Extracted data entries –
================

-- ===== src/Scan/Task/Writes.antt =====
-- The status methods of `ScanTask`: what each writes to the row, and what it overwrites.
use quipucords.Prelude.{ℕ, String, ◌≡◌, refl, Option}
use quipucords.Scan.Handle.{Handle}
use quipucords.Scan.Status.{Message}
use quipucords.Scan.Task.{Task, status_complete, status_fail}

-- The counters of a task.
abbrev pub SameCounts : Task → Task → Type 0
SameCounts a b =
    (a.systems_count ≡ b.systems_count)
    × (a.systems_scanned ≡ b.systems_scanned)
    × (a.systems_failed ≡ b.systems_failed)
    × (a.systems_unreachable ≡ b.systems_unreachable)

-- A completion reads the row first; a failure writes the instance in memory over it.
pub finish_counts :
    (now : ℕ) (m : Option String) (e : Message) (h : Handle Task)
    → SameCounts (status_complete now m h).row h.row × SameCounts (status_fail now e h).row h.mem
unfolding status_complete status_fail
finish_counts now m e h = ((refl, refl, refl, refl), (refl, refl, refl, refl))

================

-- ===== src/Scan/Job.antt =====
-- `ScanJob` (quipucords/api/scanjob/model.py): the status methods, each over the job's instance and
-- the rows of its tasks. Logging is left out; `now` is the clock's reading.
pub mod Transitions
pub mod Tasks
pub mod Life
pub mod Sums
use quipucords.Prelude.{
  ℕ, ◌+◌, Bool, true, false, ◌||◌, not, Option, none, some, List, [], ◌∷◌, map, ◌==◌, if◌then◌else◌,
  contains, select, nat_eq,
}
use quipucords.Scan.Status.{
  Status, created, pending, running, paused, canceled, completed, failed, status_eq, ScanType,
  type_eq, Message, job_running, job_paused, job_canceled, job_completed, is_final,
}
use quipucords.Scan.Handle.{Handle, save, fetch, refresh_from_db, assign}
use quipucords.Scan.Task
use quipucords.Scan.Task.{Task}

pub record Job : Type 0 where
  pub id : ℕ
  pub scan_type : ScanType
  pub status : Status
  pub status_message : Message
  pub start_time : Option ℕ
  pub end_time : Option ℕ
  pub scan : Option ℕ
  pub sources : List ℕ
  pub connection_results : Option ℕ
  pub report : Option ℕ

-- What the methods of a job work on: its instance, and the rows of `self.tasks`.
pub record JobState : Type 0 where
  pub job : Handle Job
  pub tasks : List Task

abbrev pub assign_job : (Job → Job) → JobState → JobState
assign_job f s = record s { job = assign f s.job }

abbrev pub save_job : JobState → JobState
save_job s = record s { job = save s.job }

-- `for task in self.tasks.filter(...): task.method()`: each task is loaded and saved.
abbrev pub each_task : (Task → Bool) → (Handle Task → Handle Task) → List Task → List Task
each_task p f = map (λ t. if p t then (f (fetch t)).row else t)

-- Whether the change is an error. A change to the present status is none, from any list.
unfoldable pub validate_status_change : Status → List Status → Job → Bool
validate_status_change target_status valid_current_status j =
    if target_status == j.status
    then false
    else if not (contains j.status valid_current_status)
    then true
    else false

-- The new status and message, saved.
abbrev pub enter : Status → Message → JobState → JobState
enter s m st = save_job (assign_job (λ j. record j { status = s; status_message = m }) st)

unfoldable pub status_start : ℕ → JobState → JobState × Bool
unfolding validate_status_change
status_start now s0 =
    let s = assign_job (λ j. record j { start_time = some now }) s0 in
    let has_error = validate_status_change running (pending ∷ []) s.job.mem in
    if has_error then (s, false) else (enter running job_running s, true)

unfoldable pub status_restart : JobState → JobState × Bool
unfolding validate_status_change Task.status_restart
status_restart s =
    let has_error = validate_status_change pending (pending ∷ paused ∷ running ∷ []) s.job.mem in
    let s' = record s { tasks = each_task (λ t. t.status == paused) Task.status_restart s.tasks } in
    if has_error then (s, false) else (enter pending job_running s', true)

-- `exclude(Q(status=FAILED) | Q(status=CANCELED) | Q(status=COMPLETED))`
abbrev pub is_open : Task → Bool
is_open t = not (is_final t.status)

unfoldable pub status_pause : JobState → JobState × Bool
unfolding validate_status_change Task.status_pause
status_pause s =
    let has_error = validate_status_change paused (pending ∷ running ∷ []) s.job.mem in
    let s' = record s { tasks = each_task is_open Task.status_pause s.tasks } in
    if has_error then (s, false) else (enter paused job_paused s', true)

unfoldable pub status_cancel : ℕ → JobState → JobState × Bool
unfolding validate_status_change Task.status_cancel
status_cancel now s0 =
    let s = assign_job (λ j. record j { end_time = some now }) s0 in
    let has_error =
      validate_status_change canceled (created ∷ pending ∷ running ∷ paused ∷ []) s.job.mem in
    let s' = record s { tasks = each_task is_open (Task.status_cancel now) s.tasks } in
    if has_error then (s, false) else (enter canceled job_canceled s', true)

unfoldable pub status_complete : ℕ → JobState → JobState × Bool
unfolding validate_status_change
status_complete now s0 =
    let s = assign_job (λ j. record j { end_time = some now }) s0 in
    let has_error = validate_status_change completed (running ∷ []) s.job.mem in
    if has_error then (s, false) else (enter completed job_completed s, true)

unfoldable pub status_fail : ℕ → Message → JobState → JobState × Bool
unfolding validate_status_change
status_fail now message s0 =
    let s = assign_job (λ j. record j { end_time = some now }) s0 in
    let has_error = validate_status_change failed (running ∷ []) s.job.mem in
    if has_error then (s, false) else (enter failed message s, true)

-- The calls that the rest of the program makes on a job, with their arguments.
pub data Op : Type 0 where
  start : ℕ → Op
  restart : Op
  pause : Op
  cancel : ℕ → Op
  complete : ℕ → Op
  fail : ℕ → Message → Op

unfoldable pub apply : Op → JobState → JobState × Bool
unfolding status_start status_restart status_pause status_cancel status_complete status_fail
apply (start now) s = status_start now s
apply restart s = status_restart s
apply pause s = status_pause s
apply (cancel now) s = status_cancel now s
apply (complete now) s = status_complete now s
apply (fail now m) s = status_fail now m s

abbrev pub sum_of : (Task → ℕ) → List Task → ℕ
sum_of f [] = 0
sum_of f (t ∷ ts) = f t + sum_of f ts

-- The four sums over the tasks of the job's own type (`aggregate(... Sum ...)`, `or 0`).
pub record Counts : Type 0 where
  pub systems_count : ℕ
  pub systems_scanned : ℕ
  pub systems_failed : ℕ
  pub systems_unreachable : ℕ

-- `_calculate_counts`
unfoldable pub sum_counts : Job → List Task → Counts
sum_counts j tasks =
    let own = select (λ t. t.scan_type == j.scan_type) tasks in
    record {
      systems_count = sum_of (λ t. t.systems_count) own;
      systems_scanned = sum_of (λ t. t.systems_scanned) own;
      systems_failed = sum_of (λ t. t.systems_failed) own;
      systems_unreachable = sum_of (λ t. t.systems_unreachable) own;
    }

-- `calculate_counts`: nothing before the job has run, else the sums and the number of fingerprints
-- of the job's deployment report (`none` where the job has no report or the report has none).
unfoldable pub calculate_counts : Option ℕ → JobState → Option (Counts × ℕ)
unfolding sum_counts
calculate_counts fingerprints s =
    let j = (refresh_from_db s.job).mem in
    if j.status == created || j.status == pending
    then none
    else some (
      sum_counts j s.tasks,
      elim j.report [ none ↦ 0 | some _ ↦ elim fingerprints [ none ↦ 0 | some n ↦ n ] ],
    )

================

THE TASK – There is a run of lines above from the one with "unfoldable pub status_cancel" to the one with "unfoldable pub status_complete"; print exactly that run, both ends included, and nothing else.

RESULT –
unfoldable pub status_cancel : ℕ → JobState → JobState × Bool
unfolding validate_status_change Task.status_cancel
status_cancel now s0 =
    let s = assign_job (λ j. record j { end_time = some now }) s0 in
    let has_error =
      validate_status_change canceled (created ∷ pending ∷ running ∷ paused ∷ []) s.job.mem in
    let s' = record s { tasks = each_task is_open (Task.status_cancel now) s.tasks } in
    if has_error then (s, false) else (enter canceled job_canceled s', true)

unfoldable pub status_complete : ℕ → JobState → JobState × Bool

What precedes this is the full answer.